# Pet turtles



## Marsha Cassada (Aug 18, 2014)

Does anyone have a pet turtle? We found a teeny one in the yard. He is a red eared slider. We found him in May when he was about the size of a half dollar. I have him in a goldfish bowl. He won't eat turtle food, but takes flies from my hand and eats earthworms like spaghetti. Also give him tiny snails from my water garden. He will eat lettuce, and I think he ate a piece of a grape.

I'm wondering how often he needs to eat. Are they opportunist eaters? Can they go a few days without eating?

I'm thinking of ordering meal worms for this winter when I don't have flies, snails and worms.

Why won't he eat the turtle food?

He is so cute and feisty!


----------



## candycar (Aug 19, 2014)

I don't know if they "need" to eat every day, but I would feed it anyway. Maybe he doesn't see the turtle food as food. Keep trying it, maybe he'll catch on.

We had a terrapin that came to our yard almost everyday to get his grape or banana. I miss him since we moved. We had those little sliders as pets when I was a kid. We fed them everyday. They always died after a couple of months.

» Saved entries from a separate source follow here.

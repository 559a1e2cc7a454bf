-- ===== src/Util/Hex/Laws.antt =====
-- Hexadecimal text read and written.
use native.Mathlib.Nat.{pow-suc, add-zero}
use hc.Base.{
  ℕ, zero, suc, ◌+◌, ◌-◌, ◌*◌, ◌/◌, ◌%◌, ◌^◌, ◌≤◌, ◌<◌, ◌==◌, ltb, if◌then◌else◌, List, [], ◌∷◌,
  ◌++◌, none, some, bit_and, bit_or, get_or, length, ◌≡◌, ◌⊎◌, inl, inr, refl, arith, bit_and-low,
  bit_or-field, every_below, agree_below, true, ap, ◌∙◌, dec_le, Bool-cases, ==_iff,
}
use hc.Util.Decimal.{overflow, stored, store_if, uint64_max}
use hc.Util.Hex.{
  hex_table, hex_onto, uint_to_hex, hex_digit_value, hex_loop, hex_to_uint, uint64_max_hex_chars,
}

-- A hexadecimal digit of either case.
abbrev pub IsHexDigit : ℕ → Type 0
IsHexDigit c = ((b'0' ≤ c) × (c ≤ b'9')) ⊎ ((b'A' ≤ c) × (c ≤ b'F')) ⊎ ((b'a' ≤ c) × (c ≤ b'f'))

abbrev pub digit_of : ℕ → ℕ
digit_of c = if ltb c b'A' then c - b'0' else if ltb c b'a' then c - b'A' + 10 else c - b'a' + 10

abbrev pub AllHex : List ℕ → Type 0
AllHex [] = Unit {0}
AllHex (c ∷ cs) = IsHexDigit c × AllHex cs

abbrev pub hex_value_from : ℕ → List ℕ → ℕ
hex_value_from acc [] = acc
hex_value_from acc (c ∷ cs) = hex_value_from (acc * 16 + digit_of c) cs

-- The text is followed by a byte that is no hex digit, or it fills `maxChars`.
abbrev pub HexEnds : List ℕ → ℕ → ℕ → Type 0
HexEnds [] used max_chars = used ≡ max_chars
HexEnds (c ∷ rest) used max_chars = ¬ IsHexDigit c × (c < 256) ⊎ (used ≡ max_chars)

hex_digit_value-some : (c : ℕ) → IsHexDigit c → hex_digit_value c ≡ some (digit_of c)
unfolding hex_digit_value
hex_digit_value-some c h = ground arith

hex_digit_value-none : (c : ℕ) → ¬ IsHexDigit c → c < 256 → hex_digit_value c ≡ none
unfolding hex_digit_value
hex_digit_value-none c h b = ground arith

digit_of-lt : (c : ℕ) → IsHexDigit c → digit_of c < 16
digit_of-lt c h = ground arith

hex_value_from-ge : (acc : ℕ) (text : List ℕ) → acc ≤ hex_value_from acc text
hex_value_from-ge acc [] = omega arith
hex_value_from-ge acc (c ∷ cs) = omega (arith, hex_value_from-ge (acc * 16 + digit_of c) cs)

HexEnds-suc :
    (rest : List ℕ) (used max_chars : ℕ)
    → HexEnds rest (suc used) (suc max_chars)
    → HexEnds rest used max_chars
HexEnds-suc [] used max_chars h = omega arith
HexEnds-suc (c ∷ rest) used max_chars (inl h) = inl h
HexEnds-suc (c ∷ rest) used max_chars (inr h) = inr (omega arith)

hex_loop-end :
    (rest : List ℕ) (left i result : ℕ)
    → HexEnds rest 0 left
    → hex_loop rest left i result ≡ store_if (ltb 0 i) i result
unfolding hex_loop
hex_loop-end [] zero i r h = refl
hex_loop-end [] (suc left) i r h = absurd (omega arith)
hex_loop-end (c ∷ rest) zero i r h = refl
hex_loop-end (c ∷ rest) (suc left) i r (inl h) = rw (hex_digit_value-none c h.0 h.1, hex_loop)
hex_loop-end (c ∷ rest) (suc left) i r (inr h) = absurd (omega arith)

or_digit : (r d : ℕ) → r ≤ uint64_max / 16 → d < 16 → bit_or (r * 2 ^ 4 % 2 ^ 64) d ≡ r * 16 + d
or_digit r d h hd =
    let e : r * 2 ^ 4 % 2 ^ 64 ≡ r * 2 ^ 4 = omega arith in rw e (bit_or-field 4 r d hd)

hex_loop_step :
    (c : ℕ) (rest : List ℕ) (left i r : ℕ)
    → IsHexDigit c
    → r < 2 ^ 64
    → hex_loop (c ∷ rest) (suc left) i r ≡ (
        if ltb uint64_max (r * 16 + digit_of c)
        then overflow
        else hex_loop rest left (i + 1) (r * 16 + digit_of c))
unfolding hex_loop
hex_loop_step c rest left i r h hr =
    rw (hex_digit_value-some c h, hex_loop) (step (digit_of c) (digit_of-lt c h))
  where
    step :
        (d : ℕ)
        → d < 16
        → (if ltb (uint64_max / 2 ^ 4) r
            then overflow
            else hex_loop rest left (i + 1) (bit_or (r * 2 ^ 4 % 2 ^ 64) d))
          ≡ (if ltb uint64_max (r * 16 + d)
              then overflow
              else hex_loop rest left (i + 1) (r * 16 + d))
    step d hd = elim (dec_le r (uint64_max / 16)) [
      | yes small ↦ rw (or_digit r d small hd) (ground arith)
      | no big ↦ ground arith
    ]

pub hex_loop_lem :
    (text rest : List ℕ) (left i result : ℕ)
    → result < 2 ^ 64
    → AllHex text
    → length text ≤ left
    → HexEnds rest (length text) left
    → hex_loop (text ++ rest) left i result ≡ (
        if ltb uint64_max (hex_value_from result text)
        then overflow
        else store_if (ltb 0 (i + length text)) (i + length text) (hex_value_from result text))
hex_loop_lem [] rest left i r hr d l e = ground (arith, hex_loop-end rest left i r e, add-zero i)
hex_loop_lem (c ∷ cs) rest zero i r hr d l e = absurd (omega arith)
hex_loop_lem (c ∷ cs) rest (suc left) i r hr d l e = ground (
  arith,
  hex_loop_step c (cs ++ rest) left i r d.0 hr,
  HexEnds-suc rest (length cs) left e,
  hex_value_from-ge (r * 16 + digit_of c) cs,
  hex_loop_lem cs rest left (i + 1) (r * 16 + digit_of c),
)

-- What `util_hexToUint` returns for a text of hex digits of either case that ends inside the
-- `maxChars` first bytes: -1 exactly where its number is above 2 ^ 64 - 1, 0 with nothing stored
-- for no digits, and otherwise the count of digits with that number stored.
pub hex_to_uint_lem :
    (text rest : List ℕ) (max_chars : ℕ)
    → AllHex text
    → length text ≤ max_chars
    → HexEnds rest (length text) max_chars
    → hex_to_uint (text ++ rest) max_chars ≡ (
        if ltb uint64_max (hex_value_from 0 text)
        then overflow
        else store_if (ltb 0 (length text)) (length text) (hex_value_from 0 text))
unfolding hex_to_uint
hex_to_uint_lem text rest max_chars d l e =
    ground (arith, hex_loop_lem text rest max_chars 0 0 (omega arith) d l e)

abbrev hex_char : ℕ → ℕ
hex_char d = if ltb d 10 then b'0' + d else b'A' + (d - 10)

hex_table_checked : every_below (λ d. get_or hex_table d 0 == hex_char d) 16 ≡ true
unfolding every_below
hex_table_checked = refl

hex_table_lem : (d : ℕ) → d < 16 → get_or hex_table d 0 ≡ hex_char d
hex_table_lem d h = agree_below (λ x. get_or hex_table x 0) hex_char 16 d hex_table_checked h

-- The two characters of a byte.
hex_table_low : (n : ℕ) → get_or hex_table (bit_and n 0xF) 0 ≡ hex_char (n % 16)
hex_table_low n = rw (bit_and-low 4 n) (hex_table_lem (n % 16) (omega arith))

hex_char-digit_of : (d : ℕ) → d < 16 → IsHexDigit (hex_char d) × (digit_of (hex_char d) ≡ d)
hex_char-digit_of d h = (ground arith, ground arith)

-- With the table read, a round of the loop.
hex_onto_step :
    (fuel n : ℕ) (out : List ℕ)
    → hex_onto (suc fuel) n out ≡ (
        let out' = hex_char (n / 16 % 16) ∷ hex_char (n % 16) ∷ out in
        if n / 256 == 0 then out' else hex_onto fuel (n / 256) out')
unfolding hex_onto
hex_onto_step fuel n out = rw (hex_table_low n, hex_table_low (n / 16))

hex_onto-append :
    (fuel n : ℕ) (out rest : List ℕ) → hex_onto fuel n (out ++ rest) ≡ hex_onto fuel n out ++ rest
hex_onto-append zero n out rest = unfold hex_onto in refl
hex_onto-append (suc fuel) n out rest = ground (
  arith,
  hex_onto_step fuel n out,
  hex_onto_step fuel n (out ++ rest),
  hex_onto-append fuel (n / 256) (hex_char (n / 16 % 16) ∷ hex_char (n % 16) ∷ out) rest,
)

two_chars :
    (acc n : ℕ) (out : List ℕ)
    → hex_value_from acc (hex_char (n / 16 % 16) ∷ hex_char (n % 16) ∷ out)
      ≡ hex_value_from (acc * 256 + n % 256) out
two_chars acc n out =
    rw
      (
        (hex_char-digit_of (n / 16 % 16) (omega arith)).1,
        (hex_char-digit_of (n % 16) (omega arith)).1,
      )
      (ap (λ m. hex_value_from m out) (omega arith))

hex_onto-value :
    (fuel n : ℕ) (out : List ℕ)
    → n < 256 ^ fuel
    → hex_value_from 0 (hex_onto fuel n out) ≡ hex_value_from n out
hex_onto-value zero n out h = unfold hex_onto in ground arith
hex_onto-value (suc fuel) n out h =
    rw (hex_onto_step fuel n out) (elim (Bool-cases (n / 256 == 0)) [
      | inl done ↦ rw done (two_chars 0 n out ∙ ap (λ m. hex_value_from m out) (last done))
      | inr more ↦ rw more (
          hex_onto-value fuel (n / 256) (hex_char (n / 16 % 16) ∷ hex_char (n % 16) ∷ out)
            (omega (arith, pow-suc 256 fuel))
          ∙ two_chars (n / 256) n out
          ∙ ap (λ m. hex_value_from m out) (omega arith))
    ])
  where
    last : (n / 256 == 0) ≡ true → 0 * 256 + n % 256 ≡ n
    last done = omega (arith, (==_iff (n / 256) 0).0 done)

hex_onto-AllHex : (fuel n : ℕ) (out : List ℕ) → AllHex out → AllHex (hex_onto fuel n out)
hex_onto-AllHex zero n out h = unfold hex_onto in h
hex_onto-AllHex (suc fuel) n out h = ground (
  arith,
  hex_onto_step fuel n out,
  hex_char-digit_of (n % 16) (omega arith),
  hex_char-digit_of (n / 16 % 16) (omega arith),
  hex_onto-AllHex fuel (n / 256) (hex_char (n / 16 % 16) ∷ hex_char (n % 16) ∷ out),
)

length-hex_onto : (fuel n : ℕ) (out : List ℕ) → length (hex_onto fuel n out) ≤ 2 * fuel + length out
length-hex_onto zero n out = unfold hex_onto in omega arith
length-hex_onto (suc fuel) n out = ground (
  arith,
  hex_onto_step fuel n out,
  length-hex_onto fuel (n / 256) (hex_char (n / 16 % 16) ∷ hex_char (n % 16) ∷ out),
)

length-hex_onto-ge : (fuel n : ℕ) (out : List ℕ) → length out ≤ length (hex_onto fuel n out)
length-hex_onto-ge zero n out = unfold hex_onto in omega arith
length-hex_onto-ge (suc fuel) n out = ground (
  arith,
  hex_onto_step fuel n out,
  length-hex_onto-ge fuel (n / 256) (hex_char (n / 16 % 16) ∷ hex_char (n % 16) ∷ out),
)

hex_onto-pos : (fuel n : ℕ) (out : List ℕ) → 0 < length (hex_onto (suc fuel) n out)
hex_onto-pos fuel n out = ground (
  arith,
  hex_onto_step fuel n out,
  length-hex_onto-ge fuel (n / 256) (hex_char (n / 16 % 16) ∷ hex_char (n % 16) ∷ out),
)

-- For every `uint64_t` n, `util_uintToHex` puts in front of what stands at `bufferEnd` a text of at
-- most 16 hex digits, and `util_hexToUint` reads n back from it with its count of characters, if at
-- least 16 characters are allowed and what follows is no hex digit.
pub hex_to_uint-uint_to_hex :
    (n max_chars c : ℕ) (rest : List ℕ)
    → n < 2 ^ 64
    → 16 ≤ max_chars
    → ¬ IsHexDigit c
    → c < 256
    → (text : List ℕ) × (uint_to_hex (c ∷ rest) n ≡ text ++ c ∷ rest)
      × (length text ≤ uint64_max_hex_chars)
      × (hex_to_uint (uint_to_hex (c ∷ rest) n) max_chars ≡ stored (length text) n)
unfolding uint_to_hex
hex_to_uint-uint_to_hex n max_chars c rest h m nd b =
    let t = hex_onto 8 n [] in
    let a = hex_onto-append 8 n [] (c ∷ rest) in
    let l : length t ≤ 16 = omega (arith, length-hex_onto 8 n []) in
    (
      t,
      a,
      l,
      rw
          (
            a,
            hex_to_uint_lem t (c ∷ rest) max_chars (hex_onto-AllHex 8 n [] tt) (omega arith)
                (inl (nd, b)),
            hex_onto-value 8 n [] h,
          )
          (ground (arith, hex_onto-pos 7 n [])),
    )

Why don't you put him in your water garden? I bet he'd love it there.


----------



## Jill (Aug 19, 2014)

Since he is still a little baby, he probably should eat multiple times a day is my guess. I know that with baby fish, that is best while as adults, once or less a day can be fine. The things you are offering sound like they should be good for him.


----------



## Marsha Cassada (Aug 19, 2014)

I've tried and tried with the turtle food. It just lays in there and turns to mush. It has all those vitamins and minerals, but I guess he's holding out for the fresh stuff. I'll keep trying it, though.

I've tried offering him wienie by hand. He looks at it, ponders, then rejects. Same with a bit of dried beef. It is so entertaining to watch him.

I've put him in the water garden and he immediately swims to the edge and struggles to escape. He'd last about 10 minutes in the jungle. 95% of baby turtles don't make it. If my chickens had seen him before we did, he would not be one of the 5%.

He likes lettuce but won't eat chard or kale.


----------



## Jill (Aug 19, 2014)

Yeah, I don't think he'd be likely to make it on his own at that size. As a kid, we fed baby and full size box turtles canned dog food, raw hamburger, earth worms, lettuce, and strawberries. I don't know which, if any, of this were good for them, but they seemed to like all of it. Probably as a baby, he needs more protein than veggies (?). Maybe cooked eggs? Wish you lived closer because I'd give you a spare aquarium he'd take awhile to grow into and it's just sitting in our storage shed. Good luck with him. I know his odds of survival went up when you took him in with the odds of baby turtles on their own.


----------



## shorthorsemom (Aug 19, 2014)

tons of information on internet on how to care for the red eared slider turtle and food suggestions are available too. Says don't feed shrimp for commercial food. Gives lots of suggestions for house food to feed turtle. Says they can live up to 70 years. wow.


----------



## djskid (Aug 19, 2014)

I wrote a big long reply but then my computer froze so......here is the condensed version!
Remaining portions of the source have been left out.